This is a continuation of string manipulation techniques. If you are interested, you can read the other articles,
though you do not need to read it before this one. These are mostly beginning
programming articles, but advanced T-SQL programmers may still find something useful here.
Continuing on with taming strings.
In Part 1, I worked with phone numbers to find the area codes in phone number data. This data was in a variety of formats and frankly, quite a mess. Since we allowed users to enter data with very little validation, we got all sorts of invalid data as well as typos. Well, the time finally came for us to clean and validate as much phone data as possible, and so I decided to write about my little adventure.
Dealing with phone number data is more than a trivial exercise, both from the technical as well a business viewpoints. If you limit yourself to US phone numbers, then the problem is simplified, but still requires some work. In today's Internet, 24x7 uptime requirements, and international applications, I have seen this become less and less of an option, so I plan on designing the db to hold all kinds of information. Another article will tackle the database design side of storing phone data; this article looks at getting all the data in a standard format.
We had initially designed a single phone number field on forms as a way
to handle all types of data in an ergonomic fashion. There was no
validation of the data being entered so as to make the data entry as
smooth as possible. The result of this was phone number data that looked
1-(520)-555-5821 (904)555-1877 2711 5555458 610-555-3723 000 6195557693 11111111111111111 (111) 555-0986 181-5554761 31 471 55505 31 22555599 1-800-555-9495 415 555 3851 +11455561022 1603555775 ++492055599971 407.555.4770 555-6609 202/555-2228 248-555-8300*8263 812-555-8444x312 9999999 1800555SOFT ext. 132 512/555-2000x2563 (800) 555-2588 XT 7 none 800-555-0963 X90454As you can see, there are a variety of formats in which data was entered (BTW, these are not real phone numbers, I scrambled quite a few of the numbers and made the exchanges 555. If any of them actually work, I apologize in advance). Users have entered parenthesis, dashes, periods, +, etc. as delimiters for various sections of the phone numbers. The spacing, abbreviations, and formats vary from company to company (much to the chagrin of developers) and cry out for some standardization. However, forcing standardization during the data entry annoys and angers ( and loses) users. My company finally came up with a standard data entry solution with some validation of data, but I needed to then standardize the existing data.

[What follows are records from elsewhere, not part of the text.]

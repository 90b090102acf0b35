-- ===== src/Root/Kickstart/Generated.antt =====
-- The files that `kickstart generate` of internal/root/kickstart.go writes.
use mathlib.Core.List.{append_cancel_right}
use mathlib.Core.Path.{subst}
use proxclt.Base.{
  Str, lit, str_eq_iff, str_eq, is_empty, Bool-cases, true, if◌then◌else◌, Option, none, some, List,
  [], ◌∷◌, ◌++◌, All, wrapf, Error, ok, ◌≡◌, inl, inr, sym, ap, ◌∙◌,
}
use proxclt.Config.Model.{Dict, Env, lookup}
use proxclt.Kickstart.Renderer.{TemplateFiles, Renderer, new_renderer_from_fs, render}
use proxclt.Kickstart.Disk.{
  Machine, DiskState, File, next, told, next-ok, told-ok, result_of, disk_of, join_path, put_file,
  store, stored, write_file, write_refusal,
}
use proxclt.Kickstart.Disk.Paths.{
  lookup-put_file, lookup-put_file_same, is_name, join_path-injective,
}
use proxclt.Root.Process.{Process, load_env_manifest}
use proxclt.Root.Kickstart.{write_kickstarts, generate_nodes, make_dir, kickstart_generate}

abbrev written : Str → File
written text = record { content = text; writable = true }

stored-ok :
    (d last : DiskState) (path : Str) (f : File) (refusal : Option Error)
    → stored d path f refusal ≡ (ok tt, last)
    → last ≡ record d { files = put_file path f d.files }
stored-ok d last path f (some e) h = cc (ap result_of h)
stored-ok d last path f none h = sym (ap disk_of h)

-- Where a write succeeds, the file is what was written and the others are what they were.
write_file-ok :
    (path text : Str) (m : Machine) (d last : DiskState)
    → write_file path text m d ≡ (ok tt, last)
    → last ≡ record d { files = put_file path (written text) d.files }
unfolding write_file store
write_file-ok path text m d last h =
    stored-ok d last path (written text) (write_refusal m path (lookup path d.files)) h

module _ (r : Renderer) (env : Env) (dir : Str) where
  abbrev ks_file : Str → Str
  ks_file n = join_path dir (n ++ lit ".ks")

  -- The file of a node holds its kickstart.
  abbrev pub Holds : Dict File → Str → Type 0
  Holds files n =
      (content : Str) × (render r (some env) n ≡ ok content)
      × (lookup (ks_file n) files ≡ some (written content))

  abbrev pub IsNode : Str → Type 0
  IsNode n = is_name (n ++ lit ".ks") ≡ true

  same_node : (n other : Str) → IsNode n → IsNode other → ks_file n ≡ ks_file other → n ≡ other
  same_node n other hn ho e =
      append_cancel_right n other (lit ".ks") (join_path-injective dir hn ho e)

  -- A kickstart that is written leaves those that are there.
  put_file-Holds :
      (n other content : Str) (files : Dict File)
      → IsNode n
      → IsNode other
      → render r (some env) other ≡ ok content
      → Holds files n
      → Holds (put_file (ks_file other) (written content) files) n
  put_file-Holds n other content files hn ho e (c, made, there_now) =
      elim (Bool-cases (str_eq n other)) [
        | inl s ↦
            let same = (str_eq_iff n other).0 s in
            (
              content,
              ap (render r (some env)) same ∙ e,
              ap (λ k. lookup (ks_file k) (put_file (ks_file other) (written content) files)) same
                  ∙ lookup-put_file_same (ks_file other) (written content) files,
            )
        | inr s ↦ (
          c,
          made,
          lookup-put_file (ks_file n) (ks_file other) (written content) files
                (λ p. cc ((str_eq_iff n other).1 (same_node n other hn ho p)))
              ∙ there_now,
        )
      ]

  -- A round of the loop that succeeds.
  round :
      (n : Str) (rest : List Str) (m : Machine) (d last : DiskState)
      → write_kickstarts r env dir (n ∷ rest) m d ≡ (ok tt, last)
      → (content : Str) × (render r (some env) n ≡ ok content)
        × (write_kickstarts r env dir rest m
              (record d { files = put_file (ks_file n) (written content) d.files })
            ≡ (ok tt, last))
  unfolding write_kickstarts
  round n rest m d last h =
      let (content, d1, told_it, g) =
        next-ok
          (λ content m d.
            next (λ u. write_kickstarts r env dir rest) m (write_file (ks_file n) content m d))
          m (told (wrapf "render %s: %w" (n ∷ [])) (render r (some env) n, d)) h in
      let (u, d2, wrote, k) =
        next-ok (λ u. write_kickstarts r env dir rest) m (write_file (ks_file n) content m d1) g in
      let rendered = told-ok (wrapf "render %s: %w" (n ∷ [])) (render r (some env) n, d) told_it in
      let after : d2 ≡ record d { files = put_file (ks_file n) (written content) d.files } =
        write_file-ok (ks_file n) content m d1 d2 wrote
        ∙ ap {A = DiskState} {B = DiskState}
            (λ x. record x { files = put_file (ks_file n) (written content) x.files })
            (sym (ap disk_of rendered)) in
      (
        content,
        ap result_of rendered,
        subst (λ x. write_kickstarts r env dir rest m x ≡ (ok tt, last)) after k,
      )

  write_kickstarts-keeps :
      (n : Str) (nodes : List Str) (m : Machine) (d last : DiskState)
      → IsNode n
      → All IsNode nodes
      → write_kickstarts r env dir nodes m d ≡ (ok tt, last)
      → Holds d.files n
      → Holds last.files n
  unfolding write_kickstarts
  write_kickstarts-keeps n [] m d last hn all h held =
      subst (λ x. Holds x.files n) (ap disk_of h) held
  write_kickstarts-keeps n (other ∷ rest) m d last hn all h held =
      let (content, e, g) = round other rest m d last h in
      write_kickstarts-keeps n rest m
        (record d { files = put_file (ks_file other) (written content) d.files }) last hn all.1 g
        (put_file-Holds n other content d.files hn all.0 e held)

  write_kickstarts-Holds :
      (nodes : List Str) (m : Machine) (d last : DiskState)
      → All IsNode nodes
      → write_kickstarts r env dir nodes m d ≡ (ok tt, last)
      → All (Holds last.files) nodes
  write_kickstarts-Holds [] m d last all h = tt
  write_kickstarts-Holds (n ∷ rest) m d last all h =
      let (content, e, g) = round n rest m d last h in
      let after = record d { files = put_file (ks_file n) (written content) d.files } in
      (
        write_kickstarts-keeps n rest m after last all.0 all.1 g
            (content, e, lookup-put_file_same (ks_file n) (written content) d.files),
        write_kickstarts-Holds rest m after last all.1 g,
      )

-- Where `kickstart generate` succeeds on a manifest and a set of templates that can be loaded, and
-- every node that it is for has a name that is one element of a path, each of them has its file in the
-- output directory, and the file holds what Render gives for that node.
pub kickstart_generate-Holds :
    (fs : TemplateFiles) (p : Process) (env_file node out_dir : Str) (m : Machine)
    (d last : DiskState) (env : Env) (r : Renderer) (nodes : List Str)
    → load_env_manifest p env_file ≡ ok env
    → new_renderer_from_fs fs ≡ ok r
    → generate_nodes env node m d ≡ (ok nodes, d)
    → All (λ n. is_name (n ++ lit ".ks") ≡ true) nodes
    → kickstart_generate fs p env_file node out_dir m d ≡ (ok tt, last)
    → All (Holds r env (if is_empty out_dir then lit "." else out_dir) last.files) nodes
unfolding kickstart_generate make_dir
kickstart_generate-Holds fs p env_file node out_dir m d last env r nodes l n g names h =
    let dir = if is_empty out_dir then lit "." else out_dir in
    let after : next (λ u. write_kickstarts r env dir nodes) m (make_dir dir m d) ≡ (ok tt, last) =
      rw (l, n, g) at h in
    let (u, d1, made, k) =
      next-ok (λ u. write_kickstarts r env dir nodes) m (make_dir dir m d) after in
    write_kickstarts-Holds r env dir nodes m d1 last names k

The technical solution to storing the data was to standardize the formatting and then include parsing routines in the application logic to handle the display and data entry. We decided a single field will contain the user entered data as numerics only with all other characters stripped out with one exception. For users that have a phone extension, we would include an "x" between the phone number and the extension. By standardizing on this format, all developers can expect a certain format and apply simpler parsing rules to format the data for display.
What String Manipulation?
Here is a problem that needs to be solved, what does this have to do with string manipulation? After all, shouldn't the validation be occuring in the presentation or business layers? Couldn't I use a rule or user defined datatype to standardize the system?

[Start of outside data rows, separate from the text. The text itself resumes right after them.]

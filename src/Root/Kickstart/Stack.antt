-- ===== src/Root/Kickstart/Stack.antt =====
-- `kickstart build-stack` of internal/root/kickstart.go.
use proxclt.Base.{
  Str, lit, str_eq, is_empty, has_prefix, Bool, true, false, if◌then◌else◌, Option, none, some,
  List, [], ◌∷◌, errorf, wrapf, Error, Result, ok, err, require, refuse_if,
}
use proxclt.Config.Model.{Node, Env, Hypervisor, IsoConfig, resolved, lookup}
use proxclt.World.{printed, record_event}
use proxclt.Proxmox.Storage.{upload_iso, base_name}
use proxclt.Workflow.Multi.{keys}
use proxclt.Kickstart.Renderer.{TemplateFiles, Renderer, new_renderer_from_fs, render}
use proxclt.Kickstart.Disk.{
  Machine, DiskState, Job, done, ask, call_api, ◌>>=◌, ◌>>◌, telling, join_path, remove,
  removing_all, read_file, write_file,
}
use proxclt.Kickstart.Extract.{extract_bootloader, read_volume_label}
use proxclt.Kickstart.Iso.{IsoBuilder, new_iso_builder, build_iso_file}
use proxclt.Root.Process.{Process, load_env_manifest, load_proxmox_client}
use proxclt.Root.Kickstart.{rename, make_dir}

pub record StackFlags : Type 0 where
  pub node : Str
  pub source_iso : Str
  pub out_dir : Str
  pub upload : Bool
  pub keep : Bool

-- copyISOFile; the sync of the copy is not modelled to fail.
unfoldable pub copy_iso_file : Str → Str → Job (Unit {0})
unfolding read_file write_file
copy_iso_file src dst = do f ← read_file src; write_file dst f.content

-- The error of the rename stays in the error of the copy that replaces it.
abbrev after_rename :
    (Error → Job (Unit {0}))
    → Machine
    → Result (Unit {0}) × DiskState
    → Result (Unit {0}) × DiskState
after_rename fallback m (ok u, d) = (ok u, d)
after_rename fallback m (err e, d) = fallback e m d

copied_instead : Str → Str → Error → Job (Unit {0})
unfolding copy_iso_file
copied_instead src dst e = do
  telling (λ e2. wrapf "relocate iso %s -> %s: %w (copy fallback: %v)" (src ∷ dst ∷ []) e)
      (copy_iso_file src dst)
  remove src

relocating : Str → Str → Job (Unit {0})
unfolding rename copied_instead
relocating src dst m d = after_rename (copied_instead src dst) m (rename src dst m d)

-- The ISO is moved into the directory unless it is there.
unfoldable pub relocate : Str → Str → Job Str
unfolding relocating join_path base_name str_eq
relocate dir path =
    let dest = join_path dir (base_name path) in
    if str_eq path dest then done (ok path) else relocating path dest >> done (ok dest)

kickstart_storage_of : Option IsoConfig → Str
kickstart_storage_of none = []
kickstart_storage_of (some iso) = iso.kickstart_storage

unfoldable pub upload_stack : StackFlags → Hypervisor → Str → Node → Str → Job (Unit {0})
unfolding upload_iso kickstart_storage_of base_name is_empty
upload_stack f hyp name n path =
    if f.upload
    then done (
        refuse_if (is_empty n.proxmox.node_name)
          (errorf "node %q has no proxmox.node_name" (name ∷ [])))
      >> telling
          (wrapf "upload %s -> %s/%s: %w"
            (path ∷ n.proxmox.node_name ∷ kickstart_storage_of hyp.iso ∷ []))
          (call_api
            (upload_iso n.proxmox.node_name (kickstart_storage_of hyp.iso) path (base_name path)))
      >> (if f.keep then done (ok tt) else remove path)
    else done (ok tt)

-- The body of the loop over the nodes.
unfoldable pub build_node :
    StackFlags → Env → Hypervisor → Renderer → IsoBuilder → Str → Str → Job (Unit {0})
unfolding lookup render build_iso_file relocate upload_stack
build_node f env hyp r b dir name = do
  n ← done (
      require (errorf "node %q vanished from hypervisor.nodes" (name ∷ [])) (lookup name hyp.nodes))
  content ← telling (wrapf "render %s: %w" (name ∷ [])) (done (render r (some env) name))
  built ← telling (wrapf "build iso %s: %w" (name ∷ [])) (build_iso_file b content name)
  path ← relocate dir built
  call_api (record_event (printed "%s" (path ∷ [])))
  upload_stack f hyp name n path

unfoldable pub build_nodes :
    StackFlags → Env → Hypervisor → Renderer → IsoBuilder → Str → List Str → Job (Unit {0})
unfolding build_node
build_nodes f env hyp r b dir [] = done (ok tt)
build_nodes f env hyp r b dir (name ∷ rest) = do
  build_node f env hyp r b dir name
  build_nodes f env hyp r b dir rest

is_missing : Option Node → Bool
is_missing none = true
is_missing (some n) = false

stack_nodes : StackFlags → Hypervisor → Job (List Str)
unfolding is_missing lookup keys is_empty
stack_nodes f hyp =
    if is_empty f.node
    then done (ok (keys hyp.nodes))
    else done (
        refuse_if (is_missing (lookup f.node hyp.nodes))
          (errorf "node %q not found in hypervisor.nodes" (f.node ∷ [])))
      >> done (ok (f.node ∷ []))

no_nodes : List Str → Bool
no_nodes [] = true
no_nodes (n ∷ rest) = false

-- The directory for the ISOs: the one of --out-dir, or a new one.
output_dir : StackFlags → Job Str
unfolding make_dir is_empty lit
output_dir f =
    if is_empty f.out_dir
    then telling (wrapf "mkdtemp out: %w" [])
        (ask (λ m files. m.mkdir_temp files [] (lit "proxctl-stack-iso-")))
    else make_dir f.out_dir >> done (ok f.out_dir)

check_upload : Process → StackFlags → Hypervisor → Job (Unit {0})
unfolding load_proxmox_client kickstart_storage_of is_empty
check_upload p f hyp =
    if f.upload
    then telling (wrapf "load proxmox client: %w" []) (done (load_proxmox_client p)) >>= (λ client.
      done (
        refuse_if (is_empty (kickstart_storage_of hyp.iso))
          (errorf "--upload requires hypervisor.iso.kickstart_storage in env manifest" [])))
    else done (ok tt)

-- What is done with the directory of the bootloader, which is removed after it.
unfoldable pub stack_in :
    TemplateFiles → Process → StackFlags → Env → Hypervisor → List Str → Str → Job (Unit {0})
unfolding extract_bootloader read_volume_label output_dir new_renderer_from_fs new_iso_builder
    check_upload build_nodes
stack_in fs p f env hyp nodes dir = do
  telling (wrapf "extract bootloader: %w" []) (extract_bootloader f.source_iso dir)
  label ← telling (wrapf "read source ISO volume label: %w" []) (read_volume_label f.source_iso)
  out ← output_dir f
  r ← done (new_renderer_from_fs fs)
  check_upload p f hyp
  λ m.
      build_nodes f env hyp r (record (new_iso_builder m dir) { source_iso_label = label }) out
        nodes m

-- kickstart build-stack
unfoldable pub kickstart_build_stack : TemplateFiles → Process → StackFlags → Str → Job (Unit {0})
unfolding load_env_manifest resolved stack_nodes no_nodes stack_in has_prefix is_empty lit
kickstart_build_stack fs p f env_file = do
  done (
      refuse_if (is_empty f.source_iso)
        (errorf "--source-iso required (path to upstream OL install ISO)" []))
  env ← done (load_env_manifest p env_file)
  hyp ← done (require (errorf "env.spec.hypervisor not resolved" []) (resolved env.spec.hypervisor))
  ks ← done (require (errorf "env has no kickstart config" []) hyp.kickstart)
  done (
      refuse_if (has_prefix ks.distro (lit "ubuntu")) (
        errorf "distro %q is Ubuntu-family — use `proxctl kickstart build-ubuntu` instead"
          (ks.distro ∷ [])))
  nodes ← stack_nodes f hyp
  done (refuse_if (no_nodes nodes) (errorf "no nodes to build" []))
  dir ←
      telling (wrapf "mkdtemp bootloader: %w" [])
        (ask (λ m files. m.mkdir_temp files [] (lit "proxctl-bootloader-")))
  removing_all dir (stack_in fs p f env hyp nodes dir)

Patience, patience, all will be clear soon.
In order to clean this data, I will be using string manipulation to reformat all the existing phone data in the standard format. Regardless of future validation and schema changes, I would still have to get the existing data into a standard format to ensure the application works.
Now it would be nice to write one SQL statement that would rip through the data and reformat all the data as expected. A couple problems with this; one, it would be difficult to explain in an article. Two, it would probably take more time to decipher than most of you would want to spend. Three, I can't come up with one. Since reason three will tend to override reasons one and two in anything I write, here is what I came up with.
Since I try to avoid row processing which is slow and the kind of thing I usually chastise junior DBAs for implementing, I decided to look for patterns which would enable me to develop an algorithm to clean up this data. I made notes as I conducted the analysis so that I could present readers with some insight into how I go about solving a problem or developing a solution.
The first thing I do when solving most problems is look for a pattern.
After all, computers are very good at performing repetitive actions
and SQL is especially well suited to working with a batch of data.
In my examination of the data, I found that most data was basically in one
of a few formats:
999 999-9999 (999) 999-9999 999-999-9999and the extensions tended to look like:
x999 x.999 ext 999 ext.999The rest of the data is pretty close to these formats with some variations (more or less spaces, +xx for international numbers, some people entered slashes ("/") or periods (".") or some other character, but since I may end up handling these individually or as "one-offs" (things that do not fit a pattern or are an exception), I will ignore these for now.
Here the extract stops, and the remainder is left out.